SUPPLIED DATA:

-- ===== src/Http/Request.antt =====
-- amiproc/http.cpp, `http`: how the header of a request is cut into its parts.
pub mod Laws
pub mod Whole
use tst.Common.{
  codes, length, take, drop, Option, ℕ, Bytes, List, refl, sym, ap, subst, ◌∙◌, none, some, true,
  false, [], ◌∷◌, inl, inr, zero, suc, ◌+◌, ◌-◌, ◌*◌, ◌/◌, ◌%◌, ◌^◌, ◌≤◌, ◌<◌, ◌≡◌, ◌≢◌, ◌↔◌, ◌⊎◌,
  ◌++◌, ◌==◌, if◌then◌else◌, ◌&&◌, ◌||◌,
}
use tst.Http.Types.{Request}
use tst.Http.Query.{equal, split_at}
use tst.Http.UrlDecode.{url_decode}

-- `get_httpheader`: the value of the first header of this name, and the empty text for none.
unfoldable pub get_httpheader : List (Bytes × Option Bytes) → Bytes → Option Bytes
unfolding equal
get_httpheader [] name = some []
get_httpheader ((n, v) ∷ more) name = if equal n name then v else get_httpheader more name

-- A header line: the search for the colon passes over the first byte, and the value starts two
-- bytes behind the colon.
unfoldable pub header_line : Bytes → Bytes × Option Bytes
unfolding split_at
header_line [] = ([], none)
header_line (c ∷ cs) = elim (split_at b':' cs) [
  | none ↦ (c ∷ cs, none)
  | some (name, value) ↦ (c ∷ name, some (drop 1 value))
]

-- `http_headers[HTTP_MAX_HEADERS]`
abbrev pub max_headers : ℕ
max_headers = 30

abbrev pub put_header :
    Bytes × Option Bytes
    → Option (List (Bytes × Option Bytes))
    → Option (List (Bytes × Option Bytes))
put_header h none = none
put_header h (some hs) = some (h ∷ hs)

-- The lines up to the end of the text. The search for a CR passes over the first byte of a line, so
-- that the empty line is none. Each line takes two bytes at least: fuel for each byte suffices. `none`
-- is a line for which no place is left, since no test keeps them to those there are, and a CR at the
-- very end, behind which the text is run past.
unfoldable pub header_lines : (left : ℕ) → ℕ → Bytes → Option (List (Bytes × Option Bytes))
unfolding header_line split_at
header_lines left zero text = some []
header_lines left (suc fuel) [] = some []
header_lines left (suc fuel) (c ∷ cs) = elim (split_at b'\r' cs) [
  | none ↦ some []
  | some (line, []) ↦ none
  | some (line, d ∷ rest) ↦ elim left [
    | zero ↦ none
    | suc n ↦ put_header (header_line (c ∷ line)) (header_lines n fuel rest)
  ]
]

-- `HTTP/1.0` or `HTTP/1.1`, of which the three last bytes are kept.
unfoldable pub version_of : Bytes → Option Bytes
unfolding equal
version_of text =
    let version = take 3 (drop 5 text) in
    if equal (take 5 text) (codes "HTTP/")
      && (equal version (codes "1.0") || equal version (codes "1.1"))
    then some version
    else none

-- Where the URI holds no `?`, the loop steps over the 0 behind it and on: over the version and the
-- 0 behind that, and over `passed`, the rest of the line, and the name of the first header. A `?` in
-- that name is taken for the query's, and cuts the name. The name's end has a second 0 behind it; the
-- end of the text, where there is no header, has the byte `behind`. `none` is a scan that goes on
-- there, and a `?` in the rest of the line, behind which decoding rewrites the name in place: that is
-- left out.
unfoldable pub past_uri :
    Bytes
    → (passed lines : Bytes) → List (Bytes × Option Bytes)
    → (behind : ℕ) → Option (Bytes × Bytes × List (Bytes × Option Bytes))
unfolding split_at
past_uri uri passed lines [] behind = elim (split_at b'?' (passed ++ lines)) [
  | none ↦ if behind == 0 then some (uri, [], []) else none
  | some (front, query) ↦ some (uri, query, [])
]
past_uri uri passed lines ((name, value) ∷ more) behind = elim (split_at b'?' passed) [
  | some found ↦ none
  | none ↦ elim (split_at b'?' name) [
    | none ↦ some (uri, [], (name, value) ∷ more)
    | some (front, query) ↦ some (uri, query, (front, value) ∷ more)
  ]
]

-- The URI before the `?`, and what follows it, with the headers as that leaves them. For an empty
-- URI the pointer to the query stays null, which reads as an empty query.
unfoldable pub split_uri :
    Bytes
    → (passed lines : Bytes) → List (Bytes × Option Bytes)
    → (behind : ℕ) → Option (Bytes × Bytes × List (Bytes × Option Bytes))
unfolding split_at past_uri
split_uri [] passed lines headers behind = some ([], [], headers)
split_uri (c ∷ cs) passed lines headers behind = elim (split_at b'?' (c ∷ cs)) [
  | none ↦ past_uri (c ∷ cs) passed lines headers behind
  | some (path, query) ↦ some (path, query, headers)
]

-- What comes of a header's text: a request, the answer 505, or an access through a null pointer or
-- outside the text.
pub data Header : Type 0 where
  well_formed : Request → Header
  unsupported lost : Header

-- Behind the URI. The byte behind the version is overwritten before the end of the line is looked
-- for, from the next byte on. The two parts of the URI are decoded once they are cut.
unfoldable pub parse_tail : (method uri tail : Bytes) → (behind : ℕ) → Header
unfolding split_at version_of header_lines split_uri url_decode
parse_tail method uri [] behind = lost
parse_tail method uri (t ∷ ts) behind = elim (version_of (t ∷ ts)) [
  | none ↦ unsupported
  | some version ↦ elim (split_at b'\n' (drop 9 (t ∷ ts))) [
    | none ↦ lost
    | some (line, lines) ↦ elim (header_lines max_headers (length (t ∷ ts)) lines) [
      | none ↦ lost
      | some headers ↦ elim (split_uri uri (line ++ b'\n' ∷ []) lines headers behind) [
        | none ↦ lost
        | some (path, query, left) ↦ well_formed (record {
          request_method = method;
          request_uri = url_decode path;
          query_string = url_decode query;
          http_version = version;
          version_at = length method + 1 + length uri + 1 + 5;
          http_headers = left;
        })
      ]
    ]
  ]
]

-- The text, and the byte behind the 0 that ends it. Without two blanks the URI is a null pointer.
unfoldable pub parse_request : Bytes → (behind : ℕ) → Header
unfolding split_at parse_tail
parse_request text behind = elim (split_at b' ' text) [
  | none ↦ lost
  | some (method, rest) ↦ elim (split_at b' ' rest) [
    | none ↦ lost
    | some (uri, tail) ↦ parse_tail method uri tail behind
  ]
]
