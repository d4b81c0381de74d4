-- ===== src/Http/Routes.antt =====
-- amiproc/http_routes.cpp: the three routes, by the response that they give and the next state.
pub mod Laws
use tst.Common.{
  get_or, length, not, ltb, Option, Bool, ℕ, codes, Bytes, refl, sym, ap, subst, ◌∙◌, none, some,
  true, false, [], ◌∷◌, inl, inr, zero, suc, ◌+◌, ◌-◌, ◌*◌, ◌/◌, ◌%◌, ◌^◌, ◌≤◌, ◌<◌, ◌≡◌, ◌≢◌, ◌↔◌,
  ◌⊎◌, ◌++◌, ◌==◌, if◌then◌else◌, ◌&&◌, ◌||◌,
}
use tst.Pool.Types.{Stat, tst_suspend, tst_disconnect}
use tst.Http.Types.{Request}
use tst.Http.Query.{check_all, c_str, parse, get}
use tst.Http.Response.{Response}

-- The response that the constructor zeroes, with what the routes set.
abbrev pub plain : Request → ℕ → Bytes → Option Bytes → Response
plain q code text html = record {
  http_version = q.http_version;
  http_code = code;
  response_text = text;
  http_headers = [];
  html_text = html;
}

-- A parameter of the query, all of them cleaned.
unfoldable pub parameter : Request → Bytes → Bytes
unfolding parse get c_str
parameter q name = get name (parse check_all (c_str q.query_string) [])

unfoldable pub is_given : Request → Bytes → Bool
unfolding parameter
is_given q name = not (length (parameter q name) == 0)

-- `http_dtmf` and `http_transfer` differ in the second parameter that they want.
unfoldable pub http_pair : Bytes → Request → Response × Stat
unfolding is_given
http_pair second q =
    if is_given q (codes "caller") && is_given q second
    then (plain q 200 (codes "test") (some (codes "test")), tst_disconnect)
    else (plain q 400 (codes "syntax error") (some (codes "syntax error")), tst_disconnect)

unfoldable pub http_dtmf : Request → Response × Stat
unfolding http_pair
http_dtmf q = http_pair (codes "dtmf") q

unfoldable pub http_transfer : Request → Response × Stat
unfolding http_pair
http_transfer q = http_pair (codes "callee") q

-- The rule for `id` and `check`.
unfoldable pub is_wrong : Bytes → Bytes → Bool
is_wrong id check =
    ltb (length id) 5
    || ltb (length check) 5
    || not (get_or id 1 0 == get_or check 4 0)
    || not (get_or id 3 0 == get_or check 0 0)

unfoldable pub alive_response : Request → Response
unfolding is_given is_wrong parameter
alive_response q =
    if is_given q (codes "id") && is_given q (codes "check")
    then if is_wrong (parameter q (codes "id")) (parameter q (codes "check"))
      then plain q 404 (codes "syntax error") (some (codes "syntax error"))
      else plain q 200 (codes "OK") none
    else plain q 404 (codes "Not found") (some (codes "Not found"))

-- Only a 200 keeps the connection.
unfoldable pub http_alive : Request → Response × Stat
unfolding alive_response
http_alive q =
    let r = alive_response q in (r, if r.http_code == 200 then tst_suspend else tst_disconnect)
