-- ===== src/Websocket/Frames.antt =====
-- amiproc/websocket.cpp: the four functions that write a frame, and the length and the masking key
-- of a frame that is read. A function that writes returns its `write` calls, in order.
pub mod Length
pub mod Mask
use tst.Common.{
  bit_and, get_or, ltb, bit_or, length, bit_xor, Bytes, Option, ℕ, List, refl, sym, ap, subst, ◌∙◌,
  none, some, true, false, [], ◌∷◌, inl, inr, zero, suc, ◌+◌, ◌-◌, ◌*◌, ◌/◌, ◌%◌, ◌^◌, ◌≤◌, ◌<◌,
  ◌≡◌, ◌≢◌, ◌↔◌, ◌⊎◌, ◌++◌, ◌==◌, if◌then◌else◌, ◌&&◌, ◌||◌,
}

abbrev pub opcode_text : ℕ
opcode_text = 1

abbrev pub opcode_binary : ℕ
opcode_binary = 2

abbrev pub opcode_close : ℕ
opcode_close = 8

abbrev pub opcode_ping : ℕ
opcode_ping = 9

abbrev pub opcode_pong : ℕ
opcode_pong = 10

-- The first byte: the bit FIN and the opcode.
abbrev pub fin : ℕ → ℕ
fin opcode = bit_or 128 (bit_and 15 opcode)

unfoldable pub ws_writeping : List Bytes
ws_writeping = (fin opcode_ping ∷ 0 ∷ []) ∷ []

unfoldable pub ws_writepong : List Bytes
ws_writepong = (fin opcode_pong ∷ 0 ∷ []) ∷ []

-- The status that is passed is not used: 1000 goes out.
unfoldable pub ws_writedisconnect : ℕ → List Bytes
ws_writedisconnect status = (fin opcode_close ∷ 2 ∷ 1000 / 256 ∷ 1000 % 256 ∷ []) ∷ []

-- The bytes of a number, the low byte first, as a little-endian host stores it.
unfoldable pub little_endian : ℕ → ℕ → Bytes
little_endian zero n = []
little_endian (suc w) n = n % 256 ∷ little_endian w (n / 256)

-- The header for a text of this length: `htons` for 126 only, and the 64-bit form as it is stored.
unfoldable pub text_header : ℕ → Bytes
unfolding little_endian
text_header len =
    if ltb len 126
    then fin opcode_text ∷ len ∷ []
    else if len == 126
    then fin opcode_text ∷ 126 ∷ len / 256 % 256 ∷ len % 256 ∷ []
    else fin opcode_text ∷ 127 ∷ little_endian 8 len

unfoldable pub ws_writetext : Option Bytes → List Bytes
unfolding text_header
ws_writetext none = []
ws_writetext (some text) = text_header (length text) ∷ text ∷ []

-- `ntohs`, and `ntohl` of two halves: the first byte is the highest.
unfoldable pub big_endian : ℕ → Bytes → ℕ
big_endian acc [] = acc
big_endian acc (b ∷ bs) = big_endian (acc * 256 + b) bs

-- `data[i] ^= mask[i & 3]`, from the index `i` on.
unfoldable pub unmask : Bytes → ℕ → Bytes → Bytes
unmask mask i [] = []
unmask mask i (b ∷ bs) = bit_xor b (get_or mask (i % 4) 0) ∷ unmask mask (suc i) bs
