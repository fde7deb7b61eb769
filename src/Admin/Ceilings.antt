-- ===== src/Admin/Ceilings.antt =====
-- What a decision of the evaluator guarantees.
use telegram_mini_app.Prelude.{
  true, false, some, or_else, ◌≡◌, ◌≢◌, refl, sym, ◌∙◌, arith, Bool-cases, Option-cases, inl, inr,
}
use telegram_mini_app.Prelude.Integers.{ℤ, pos, ◌+ℤ◌, ◌≤ℤ◌, ◌<ℤ◌, leb_ℤ, ltb_ℤ}
use telegram_mini_app.Prelude.Text.{Text}
use telegram_mini_app.Db.{Db, Env}
use telegram_mini_app.Db.Rows.{ApprovalLimit}
use telegram_mini_app.Admin.Authority.{AuthenticatedAdmin, holds_any_role, is_platform_staff}
use telegram_mini_app.Admin.Limits.{
  allowed, denied, approver_roles, evaluate, by_limit, within_limit, find_effective,
  daily_approved_minor,
}

within_limit-bounds :
    (l : ApprovalLimit) (threshold used amount : ℤ)
    → within_limit l threshold used amount ≢ denied
    → (amount ≤ℤ l.max_single_approval_minor)
      × (used +ℤ amount ≤ℤ l.max_daily_approval_minor)
      × (within_limit l threshold used amount ≡ allowed
          → amount ≤ℤ or_else l.second_approval_above_minor threshold)
unfolding within_limit
within_limit-bounds l threshold used amount h =
    elim (Bool-cases (ltb_ℤ l.max_single_approval_minor amount)) [
      | inl over ↦ absurd (h (rw over refl))
      | inr single ↦ elim (Bool-cases (ltb_ℤ l.max_daily_approval_minor (used +ℤ amount))) [
        | inl over ↦ absurd (h (rw single (rw over refl)))
        | inr daily ↦ (ground arith, ground arith, λ e. ground arith)
      ]
    ]

-- What is not denied stays below the ceilings: unless the admin is platform staff, the amount is
-- positive, the role may approve, and a limit is in force that covers the amount alone and together
-- with what this admin approved today. What is allowed alone is not above the threshold either.
pub evaluate-bounds :
    (env : Env) (tenant : Text) (admin : AuthenticatedAdmin) (amount : ℤ) (currency : Text)
    (db : Db)
    → is_platform_staff admin ≡ false
    → evaluate env tenant admin amount currency db ≢ denied
    → (pos 0 <ℤ amount)
      × (holds_any_role admin approver_roles ≡ true)
      × ((l : ApprovalLimit) × (find_effective tenant admin.admin_user_id currency env.now db
            ≡ some l)
          × (amount ≤ℤ l.max_single_approval_minor)
          × (daily_approved_minor tenant admin.admin_user_id currency env.now db +ℤ amount
              ≤ℤ l.max_daily_approval_minor)
          × (evaluate env tenant admin amount currency db ≡ allowed
              → amount ≤ℤ or_else l.second_approval_above_minor env.dual_approval_threshold_minor))
unfolding evaluate by_limit
evaluate-bounds env tenant admin amount currency db staff h =
    elim (Bool-cases (leb_ℤ amount (pos 0))) [
      | inl small ↦ absurd (h (rw small refl))
      | inr positive ↦ elim (Bool-cases (holds_any_role admin approver_roles)) [
        | inr no_role ↦ absurd (h (rw positive (rw no_role refl)))
        | inl role ↦
            elim (Option-cases (find_effective tenant admin.admin_user_id currency env.now db)) [
              | inl gone ↦ absurd (h (rw positive (rw role (rw staff (rw gone refl)))))
              | inr (l, found) ↦
                  let same : evaluate env tenant admin amount currency db
                      ≡ within_limit l env.dual_approval_threshold_minor
                          (daily_approved_minor tenant admin.admin_user_id currency env.now db)
                          amount =
                    rw positive (rw role (rw staff (rw found refl))) in
                  let bounds = within_limit-bounds l _ _ _ (λ e. h (same ∙ e)) in
                  (ground arith, role, (l, found, bounds.0, bounds.1, λ e. bounds.2 (sym same ∙ e)))
            ]
      ]
    ]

WHAT YOU NEED TO DO: Of the lines in the listing above, count those containing the word "drop", and state the count alone.

YOUR SOLUTION: 4